§ WHAT YOU HAVE TO DO
From the first line of the entries below to the line with "unfolding new_policy", give each line again exactly.

§ MATERIAL SUPPLIED
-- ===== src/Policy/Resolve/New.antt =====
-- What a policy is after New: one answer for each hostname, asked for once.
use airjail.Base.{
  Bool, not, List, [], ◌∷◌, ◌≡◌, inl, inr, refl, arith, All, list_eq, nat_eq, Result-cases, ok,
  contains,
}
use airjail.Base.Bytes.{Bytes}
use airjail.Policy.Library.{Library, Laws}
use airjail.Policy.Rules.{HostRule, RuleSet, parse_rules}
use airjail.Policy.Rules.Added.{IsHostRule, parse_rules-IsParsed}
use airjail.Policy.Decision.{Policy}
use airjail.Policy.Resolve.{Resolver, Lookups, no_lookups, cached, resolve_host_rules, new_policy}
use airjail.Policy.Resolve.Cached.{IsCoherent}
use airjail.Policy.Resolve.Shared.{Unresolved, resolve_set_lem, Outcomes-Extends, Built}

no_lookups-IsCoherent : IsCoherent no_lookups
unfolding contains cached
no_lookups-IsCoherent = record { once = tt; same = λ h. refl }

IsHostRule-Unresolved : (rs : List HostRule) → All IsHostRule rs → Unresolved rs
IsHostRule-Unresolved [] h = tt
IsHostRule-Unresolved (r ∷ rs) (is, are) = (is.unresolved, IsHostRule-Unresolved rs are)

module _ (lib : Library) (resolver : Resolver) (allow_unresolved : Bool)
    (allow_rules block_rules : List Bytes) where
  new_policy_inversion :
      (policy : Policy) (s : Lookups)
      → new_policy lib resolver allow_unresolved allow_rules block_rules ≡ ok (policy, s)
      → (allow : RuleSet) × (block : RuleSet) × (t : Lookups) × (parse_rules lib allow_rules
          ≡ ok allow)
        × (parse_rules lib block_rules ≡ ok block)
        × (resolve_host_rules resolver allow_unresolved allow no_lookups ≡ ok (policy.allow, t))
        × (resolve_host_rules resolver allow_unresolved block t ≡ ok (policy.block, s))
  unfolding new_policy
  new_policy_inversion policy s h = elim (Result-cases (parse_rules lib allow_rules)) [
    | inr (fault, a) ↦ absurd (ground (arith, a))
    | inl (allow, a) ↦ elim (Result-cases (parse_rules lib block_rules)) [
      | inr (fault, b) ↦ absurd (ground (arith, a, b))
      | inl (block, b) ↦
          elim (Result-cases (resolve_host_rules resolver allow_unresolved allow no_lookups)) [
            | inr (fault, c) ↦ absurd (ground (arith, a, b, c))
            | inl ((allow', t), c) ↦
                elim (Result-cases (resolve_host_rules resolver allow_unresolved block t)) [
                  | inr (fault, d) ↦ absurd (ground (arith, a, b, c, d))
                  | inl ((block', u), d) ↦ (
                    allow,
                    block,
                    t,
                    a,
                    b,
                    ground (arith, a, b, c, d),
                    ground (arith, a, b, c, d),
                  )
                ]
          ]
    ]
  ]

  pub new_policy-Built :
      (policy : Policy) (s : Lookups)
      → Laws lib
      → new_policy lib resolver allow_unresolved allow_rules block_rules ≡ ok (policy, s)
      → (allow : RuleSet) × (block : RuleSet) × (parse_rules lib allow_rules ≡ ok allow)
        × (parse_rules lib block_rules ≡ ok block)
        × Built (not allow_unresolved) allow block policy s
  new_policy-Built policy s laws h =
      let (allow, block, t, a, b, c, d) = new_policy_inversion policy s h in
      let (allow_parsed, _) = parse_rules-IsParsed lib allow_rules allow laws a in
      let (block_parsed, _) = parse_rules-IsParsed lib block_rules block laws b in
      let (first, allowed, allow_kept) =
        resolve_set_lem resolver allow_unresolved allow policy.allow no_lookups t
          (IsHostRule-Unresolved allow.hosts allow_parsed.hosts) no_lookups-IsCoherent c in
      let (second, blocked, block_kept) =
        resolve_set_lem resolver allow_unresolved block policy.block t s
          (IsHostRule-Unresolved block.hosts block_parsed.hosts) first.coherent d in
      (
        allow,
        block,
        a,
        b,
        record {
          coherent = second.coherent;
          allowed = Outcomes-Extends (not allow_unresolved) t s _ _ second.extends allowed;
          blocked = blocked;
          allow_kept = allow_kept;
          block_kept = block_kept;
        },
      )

§ RESPONSE TO THE TASK
-- ===== src/Policy/Resolve/New.antt =====
-- What a policy is after New: one answer for each hostname, asked for once.
use airjail.Base.{
  Bool, not, List, [], ◌∷◌, ◌≡◌, inl, inr, refl, arith, All, list_eq, nat_eq, Result-cases, ok,
  contains,
}
use airjail.Base.Bytes.{Bytes}
use airjail.Policy.Library.{Library, Laws}
use airjail.Policy.Rules.{HostRule, RuleSet, parse_rules}
use airjail.Policy.Rules.Added.{IsHostRule, parse_rules-IsParsed}
use airjail.Policy.Decision.{Policy}
use airjail.Policy.Resolve.{Resolver, Lookups, no_lookups, cached, resolve_host_rules, new_policy}
use airjail.Policy.Resolve.Cached.{IsCoherent}
use airjail.Policy.Resolve.Shared.{Unresolved, resolve_set_lem, Outcomes-Extends, Built}

no_lookups-IsCoherent : IsCoherent no_lookups
unfolding contains cached
no_lookups-IsCoherent = record { once = tt; same = λ h. refl }

IsHostRule-Unresolved : (rs : List HostRule) → All IsHostRule rs → Unresolved rs
IsHostRule-Unresolved [] h = tt
IsHostRule-Unresolved (r ∷ rs) (is, are) = (is.unresolved, IsHostRule-Unresolved rs are)

module _ (lib : Library) (resolver : Resolver) (allow_unresolved : Bool)
    (allow_rules block_rules : List Bytes) where
  new_policy_inversion :
      (policy : Policy) (s : Lookups)
      → new_policy lib resolver allow_unresolved allow_rules block_rules ≡ ok (policy, s)
      → (allow : RuleSet) × (block : RuleSet) × (t : Lookups) × (parse_rules lib allow_rules
          ≡ ok allow)
        × (parse_rules lib block_rules ≡ ok block)
        × (resolve_host_rules resolver allow_unresolved allow no_lookups ≡ ok (policy.allow, t))
        × (resolve_host_rules resolver allow_unresolved block t ≡ ok (policy.block, s))
  unfolding new_policy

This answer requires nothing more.